» TASK BRIEF:
Emit an exact copy of the lines running from the start of the records to the line containing "sev r ≡ some e)", both included.

━━━━━ RECORDS SUPPLIED ━━━━━

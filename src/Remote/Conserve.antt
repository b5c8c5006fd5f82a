-- ===== src/Remote/Conserve.antt =====
-- When the task of `readBlock` returns, and the connections behind it.
use mathlib.Core.List.{append-nil}
use mathlib.Core.Option.{none-ne-some, some-injective}
use tazer.Base.{
  ℕ, zero, suc, ◌+◌, ◌≤◌, ◌≡◌, ◌≢◌, ◌↔◌, ◌⊎◌, if◌then◌else◌, ◌==◌, List, [], ◌∷◌, length, count,
  count-middle, length-append, Option, none, some, arith, refl, sym, ◌∙◌, ap, subst, inl, inr,
}
use tazer.Remote.Connections.{take_at, pop_connection, push_connection}
use tazer.Remote.Read.{Served, retry_block, read_remote}

take_at-count :
    (a k c : ℕ) (q : List ℕ)
    → (if (take_at k c q).0 == a then 1 else 0) + count a (take_at k c q).1 ≡ count a (c ∷ q)
take_at-count a k c [] = refl
take_at-count a zero c (d ∷ q) = refl
take_at-count a (suc k) c (d ∷ q) = omega (arith, take_at-count a k d q)

length-take_at : (k c : ℕ) (q : List ℕ) → length (take_at k c q).1 ≡ length q
length-take_at k c [] = refl
length-take_at zero c (d ∷ q) = refl
length-take_at (suc k) c (d ∷ q) = omega (arith, length-take_at k d q)

pub count-push :
    (a c : ℕ) (q : List ℕ) → count a (push_connection q c) ≡ (if c == a then 1 else 0) + count a q
count-push a c q =
    count-middle a c q [] ∙ ap (λ z. (if c == a then 1 else 0) + count a z) (append-nil q)

abbrev front : List ℕ → ℕ
front [] = 0
front (c ∷ q) = c

module _ {S D : Type 0} (request : S → ℕ → S × Option D) (best : List ℕ → ℕ) where
  retry_block-returns :
      (left : ℕ) (q : List ℕ) (sev : ℕ) (r : S × Option D)
      → 1 ≤ length q
      → (e : Served S D) × (retry_block request best left q sev r ≡ some e)
  unfolding retry_block pop_connection
  retry_block-returns left q sev (s, some d) h =
      (record { state = s; pool = push_connection q sev; answer = some d }, refl)
  retry_block-returns zero q sev (s, none) h =
      (record { state = s; pool = push_connection q sev; answer = none }, refl)
  retry_block-returns (suc left) [] sev (s, none) h = absurd (omega arith)
  retry_block-returns (suc left) (c ∷ q) sev (s, none) h =
      let t = take_at (best (c ∷ q)) c q in
      retry_block-returns left (push_connection t.1 sev) t.0 (request s t.0)
        (omega (arith, length-append t.1 (sev ∷ [])))

  retry_block-count :
      (a left : ℕ) (q : List ℕ) (sev : ℕ) (r : S × Option D) (e : Served S D)
      → retry_block request best left q sev r ≡ some e
      → count a e.pool ≡ (if sev == a then 1 else 0) + count a q
  unfolding retry_block pop_connection
  retry_block-count a left q sev (s, some d) e h =
      ap (λ (z : Served S D). count a z.pool) (sym (some-injective _ _ h)) ∙ count-push a sev q
  retry_block-count a zero q sev (s, none) e h =
      ap (λ (z : Served S D). count a z.pool) (sym (some-injective _ _ h)) ∙ count-push a sev q
  retry_block-count a (suc left) [] sev (s, none) e h = absurd (none-ne-some e h)
  retry_block-count a (suc left) (c ∷ q) sev (s, none) e h =
      let t = take_at (best (c ∷ q)) c q in
      omega (
        arith,
        retry_block-count a left (push_connection t.1 sev) t.0 (request s t.0) e h,
        count-push a sev t.1,
        take_at-count a (best (c ∷ q)) c q,
      )

  -- The answers after which the task of the last connection returns.
  alone :
      (c : ℕ) (r : S × Option D)
      → ((e : Served S D) × (retry_block request best 10 [] c r ≡ some e)) ↔ (r.1 ≢ none)
  unfolding retry_block pop_connection
  alone c (s, some d) = (
    λ h e. none-ne-some d (sym e),
    λ h. (record { state = s; pool = push_connection [] c; answer = some d }, refl),
  )
  alone c (s, none) = (λ h. absurd (none-ne-some h.0 h.1), λ h. absurd (h refl))

  -- The task of readBlock, on connections that no other transfer uses, returns exactly if there are
  -- two of them at least, or one over which the first request succeeds: a retry takes another
  -- connection before it gives the old one back. Where it returns, all connections are in the pool
  -- again, whichever popConnection chose.
  pub read_remote-returns :
      (s : S) (q : List ℕ)
      → (((e : Served S D) × (read_remote request best s q ≡ some e))
          ↔ ((2 ≤ length q) ⊎ ((c : ℕ) × (q ≡ c ∷ []) × ((request s c).1 ≢ none))))
        × ((e : Served S D) (a : ℕ)
            → read_remote request best s q ≡ some e
            → count a e.pool ≡ count a q)
  unfolding read_remote pop_connection
  read_remote-returns s [] = (
    (
      λ h. absurd (none-ne-some h.0 h.1),
      λ h. elim h [
        | inl l ↦ absurd (omega (arith, l))
        | inr (c, e, f) ↦ absurd (omega (arith, ap length e))
      ],
    ),
    λ e a h. absurd (none-ne-some e h),
  )
  read_remote-returns s (c ∷ []) = (
    (
      λ h. inr (c, refl, (alone c (request s c)).0 h),
      λ h. elim h [
        | inl l ↦ absurd (omega (arith, l))
        | inr (d, e, f) ↦
            let same : d ≡ c = ap front (sym e) in
            (alone c (request s c)).1 (subst (λ z. (request s z).1 ≢ none) same f)
      ],
    ),
    λ e a h. retry_block-count a 10 [] c (request s c) e h,
  )
  read_remote-returns s (c ∷ (d ∷ q)) =
      let t = take_at (best (c ∷ (d ∷ q))) c (d ∷ q) in
      (
        (
          λ h. inl (omega arith),
          λ h.
              retry_block-returns 10 t.1 t.0 (request s t.0)
                (omega (arith, length-take_at (best (c ∷ (d ∷ q))) c (d ∷ q))),
        ),
        λ e a h. omega (
          arith,
          retry_block-count a 10 t.1 t.0 (request s t.0) e h,
          take_at-count a (best (c ∷ (d ∷ q))) c (d ∷ q),
        ),
      )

━━━━━

» RESULT OF THE EXERCISE:
filename src/Remote/Conserve.antt
repository b5c8c5006fd5f82a
-- ===== src/Remote/Conserve.antt =====
-- When the task of `readBlock` returns, and the connections behind it.
use mathlib.Core.List.{append-nil}
use mathlib.Core.Option.{none-ne-some, some-injective}
use tazer.Base.{
  ℕ, zero, suc, ◌+◌, ◌≤◌, ◌≡◌, ◌≢◌, ◌↔◌, ◌⊎◌, if◌then◌else◌, ◌==◌, List, [], ◌∷◌, length, count,
  count-middle, length-append, Option, none, some, arith, refl, sym, ◌∙◌, ap, subst, inl, inr,
}
use tazer.Remote.Connections.{take_at, pop_connection, push_connection}
use tazer.Remote.Read.{Served, retry_block, read_remote}

take_at-count :
    (a k c : ℕ) (q : List ℕ)
    → (if (take_at k c q).0 == a then 1 else 0) + count a (take_at k c q).1 ≡ count a (c ∷ q)
take_at-count a k c [] = refl
take_at-count a zero c (d ∷ q) = refl
take_at-count a (suc k) c (d ∷ q) = omega (arith, take_at-count a k d q)

length-take_at : (k c : ℕ) (q : List ℕ) → length (take_at k c q).1 ≡ length q
length-take_at k c [] = refl
length-take_at zero c (d ∷ q) = refl
length-take_at (suc k) c (d ∷ q) = omega (arith, length-take_at k d q)

pub count-push :
    (a c : ℕ) (q : List ℕ) → count a (push_connection q c) ≡ (if c == a then 1 else 0) + count a q
count-push a c q =
    count-middle a c q [] ∙ ap (λ z. (if c == a then 1 else 0) + count a z) (append-nil q)

abbrev front : List ℕ → ℕ
front [] = 0
front (c ∷ q) = c

module _ {S D : Type 0} (request : S → ℕ → S × Option D) (best : List ℕ → ℕ) where
  retry_block-returns :
      (left : ℕ) (q : List ℕ) (sev : ℕ) (r : S × Option D)
      → 1 ≤ length q
      → (e : Served S D) × (retry_block request best left q sev r ≡ some e)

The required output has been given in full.